[ > http://www.econ.usyd.edu.au/drawingboard/journal/0111/white.pdf ]
> And what is Mr. Weatherby's excuse for pretending my writing abilities
> are relevant to the clarity of the paper at that URL?
>
> The Graham White paper whose URL is given above does NOT assert that
> the labor market would approach equilibrium more quicky if the labor
> market were more flexible.
Funny flexible wages and prices are unfounded but are assumed in your
labor demand PDF. This is not what is said in the paper. It says
lowering real wages may not increase employment due to rigidities not an
upward sloping labor demand curve. The viewpoint used is Neo-Keynesian
not Post-Keynesian.
You are very steeped in ideology to think that just because it mentions
the CCC it suddenly supports your position. In fact they say that the
CCC supports no relation between relative wages and relative employment.
This clearly says your labor demand model is wrong becuase it predicts a
relationship.
The authors point to growth models showing the link between higher
productivity and higher wages. This is true. Productivity shifts the
labor demand curve. You can find evidence that wages rose and employment
rose due to the increase in productivity therefore shifting labor demand
which implies that more labor is hired at each wage rate.
[ > http://www.dreamscape.com/rvien/Economics/Essays/LaborDemand.pdf ]

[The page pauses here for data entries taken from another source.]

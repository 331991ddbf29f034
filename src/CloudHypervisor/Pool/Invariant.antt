-- ===== src/CloudHypervisor/Pool/Invariant.antt =====
-- pkg/driver/cloudhypervisor/pool.go: what holds of the VMM pool under every interleaving of its
-- goroutines.
use vessel.Prelude.{
  ℕ, zero, suc, ◌+◌, ◌≤◌, true, false, List, [], ◌∷◌, ◌++◌, ◌≡◌, refl, arith, ltb, ◌==◌,
  if◌then◌else◌, length,
}
use vessel.Prelude.Int.{ℤ, pos_part}
use vessel.CloudHypervisor.Pool.{
  Pool, Refiller, spawning, holding, System, Move, takes, spawns_alone, kicks, closes, kills,
  checks, deposits, leaves, spawns, init, step, run,
}

abbrev pub count : ℕ → List ℕ → ℕ
count h [] = 0
count h (x ∷ xs) = (if h == x then 1 else 0) + count h xs

count-append : (h : ℕ) (xs ys : List ℕ) → count h (xs ++ ys) ≡ count h xs + count h ys
count-append h [] ys = omega arith
count-append h (x ∷ xs) ys = omega (arith, count-append h xs ys)

abbrev pub held : ℕ → Refiller → ℕ
held h (holding x) = if h == x then 1 else 0
held h _ = 0

abbrev pub held_by : ℕ → List Refiller → ℕ
held_by h [] = 0
held_by h (r ∷ rs) = held h r + held_by h rs

-- how often a handle occurs among all the places where a VMM can be
abbrev pub places : ℕ → System → ℕ
places h s =
    count h s.pool.idle
    + held_by h s.refillers
    + count h s.handed
    + count h s.doomed
    + count h s.killed

-- a goroutine that is past its check will add one handle
abbrev pub Room : Refiller → Pool → Type 0
Room spawning p = suc (length p.idle) ≤ pos_part p.target
Room (holding h) p = suc (length p.idle) ≤ pos_part p.target
Room _ p = length p.idle ≤ pos_part p.target

abbrev pub Refilling : List Refiller → Pool → Type 0
Refilling [] p = (p.refilling ≡ false) × (length p.idle ≤ pos_part p.target)
Refilling (r ∷ []) p = (p.refilling ≡ true) × Room r p
Refilling (r ∷ _) p = ⊥

pub record IsSound (s : System) : Type 0 where
  pub refill : Refilling s.refillers s.pool
  pub closed_empty : s.pool.closed ≡ true → s.pool.idle ≡ []
  pub placed : (h : ℕ) → places h s ≡ (if ltb h s.next then 1 else 0)

pub init-IsSound : (target : ℤ) → IsSound (init target)
unfolding init
init-IsSound target = record {
  refill = (refl, omega arith);
  closed_empty = λ c. refl;
  placed = λ h. ground arith;
}

abbrev system : Pool → List Refiller → ℕ → List ℕ → List ℕ → List ℕ → System
system p rs next handed doomed killed = record {
  pool = p;
  refillers = rs;
  next = next;
  handed = handed;
  doomed = doomed;
  killed = killed;
}

module _ (p : Pool) (next : ℕ) (handed doomed killed : List ℕ) where
  abbrev with_refillers : List Refiller → System
  with_refillers rs = system p rs next handed doomed killed

  abbrev Refills : Move → List Refiller → Type 0
  Refills m rs = let t = step m (with_refillers rs) in Refilling t.refillers t.pool

  refill-idle : (m : Move) → IsSound (with_refillers []) → Refills m []
  unfolding step
  refill-idle takes v = ground arith
  refill-idle (spawns n true) v = ground arith
  refill-idle (spawns n false) v = ground arith
  refill-idle m v = ground arith

  refill-one : (m : Move) (r : Refiller) → IsSound (with_refillers (r ∷ [])) → Refills m (r ∷ [])
  unfolding step
  refill-one takes r v = ground arith
  refill-one spawns_alone r v = ground arith
  refill-one kicks r v = ground arith
  refill-one closes r v = ground arith
  refill-one kills r v = ground arith
  refill-one (checks zero) r v = ground arith
  refill-one (checks (suc n)) r v = ground arith
  refill-one (spawns zero b) r v = ground arith
  refill-one (spawns (suc n) b) r v = ground arith
  refill-one (deposits zero) r v = ground arith
  refill-one (deposits (suc n)) r v = ground arith
  refill-one (leaves zero) r v = ground arith
  refill-one (leaves (suc n)) r v = ground arith

  refill-step : (m : Move) (rs : List Refiller) → IsSound (with_refillers rs) → Refills m rs
  refill-step m [] v = refill-idle m v
  refill-step m (r ∷ []) v = refill-one m r v
  refill-step m (r ∷ r' ∷ rs) v = absurd v.refill

  abbrev StaysEmpty : Move → List Refiller → Type 0
  StaysEmpty m rs = let t = step m (with_refillers rs) in t.pool.closed ≡ true → t.pool.idle ≡ []

  abbrev Places : Move → List Refiller → ℕ → Type 0
  Places m rs h = let t = step m (with_refillers rs) in places h t ≡ (if ltb h t.next then 1 else 0)

  closed_empty-idle : (m : Move) → IsSound (with_refillers []) → StaysEmpty m []
  unfolding step
  closed_empty-idle takes v c = ground (arith, v.closed_empty)
  closed_empty-idle (spawns n true) v c = ground (arith, v.closed_empty)
  closed_empty-idle (spawns n false) v c = ground (arith, v.closed_empty)
  closed_empty-idle m v c = ground (arith, v.closed_empty)

  closed_empty-one :
      (m : Move) (r : Refiller) → IsSound (with_refillers (r ∷ [])) → StaysEmpty m (r ∷ [])
  unfolding step
  closed_empty-one takes r v c = ground (arith, v.closed_empty)
  closed_empty-one (checks zero) r v c = ground (arith, v.closed_empty)
  closed_empty-one (spawns zero true) r v c = ground (arith, v.closed_empty)
  closed_empty-one (spawns zero false) r v c = ground (arith, v.closed_empty)
  closed_empty-one (deposits zero) r v c = ground (arith, v.closed_empty)
  closed_empty-one (leaves zero) r v c = ground (arith, v.closed_empty)
  closed_empty-one m r v c = ground (arith, v.closed_empty)

  placed-idle : (m : Move) (h : ℕ) → IsSound (with_refillers []) → Places m [] h
  unfolding step
  placed-idle takes h v = ground (arith, v.placed h)
  placed-idle closes h v = ground (arith, v.placed h, count-append h p.idle doomed)
  placed-idle (spawns n true) h v = ground (arith, v.placed h)
  placed-idle (spawns n false) h v = ground (arith, v.placed h)
  placed-idle m h v = ground (arith, v.placed h)

  placed-one :
      (m : Move) (r : Refiller) (h : ℕ) → IsSound (with_refillers (r ∷ [])) → Places m (r ∷ []) h
  unfolding step
  placed-one takes r h v = ground (arith, v.placed h)
  placed-one closes r h v = ground (arith, v.placed h, count-append h p.idle doomed)
  placed-one (checks zero) r h v = ground (arith, v.placed h)
  placed-one (spawns zero true) r h v = ground (arith, v.placed h)
  placed-one (spawns zero false) r h v = ground (arith, v.placed h)
  placed-one (deposits zero) r h v = ground (arith, v.placed h)
  placed-one (leaves zero) r h v = ground (arith, v.placed h)
  placed-one m r h v = ground (arith, v.placed h)

  step-IsSound :
      (m : Move) (rs : List Refiller)
      → IsSound (with_refillers rs)
      → IsSound (step m (with_refillers rs))
  step-IsSound m [] v = record {
    refill = refill-step m [] v;
    closed_empty = closed_empty-idle m v;
    placed = λ h. placed-idle m h v;
  }
  step-IsSound m (r ∷ []) v = record {
    refill = refill-step m (r ∷ []) v;
    closed_empty = closed_empty-one m r v;
    placed = λ h. placed-one m r h v;
  }
  step-IsSound m (r ∷ r' ∷ rs) v = absurd v.refill

pub run-IsSound : (ms : List Move) (s : System) → IsSound s → IsSound (run ms s)
unfolding run
run-IsSound [] s v = v
run-IsSound (m ∷ ms) s v =
    run-IsSound ms (step m s)
      (step-IsSound s.pool s.next s.handed s.doomed s.killed m s.refillers v)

This is one thing I would have to question about your labor PDF. How
does worker productivity change. Is the high wage actually caused by
higher worker productivity. If so you are talking about two distinct
labor deamand curves not one. If you could write and did not skip steps
I could figure this out. However, I will just make the comment and let
you tell me what you think the babble meant.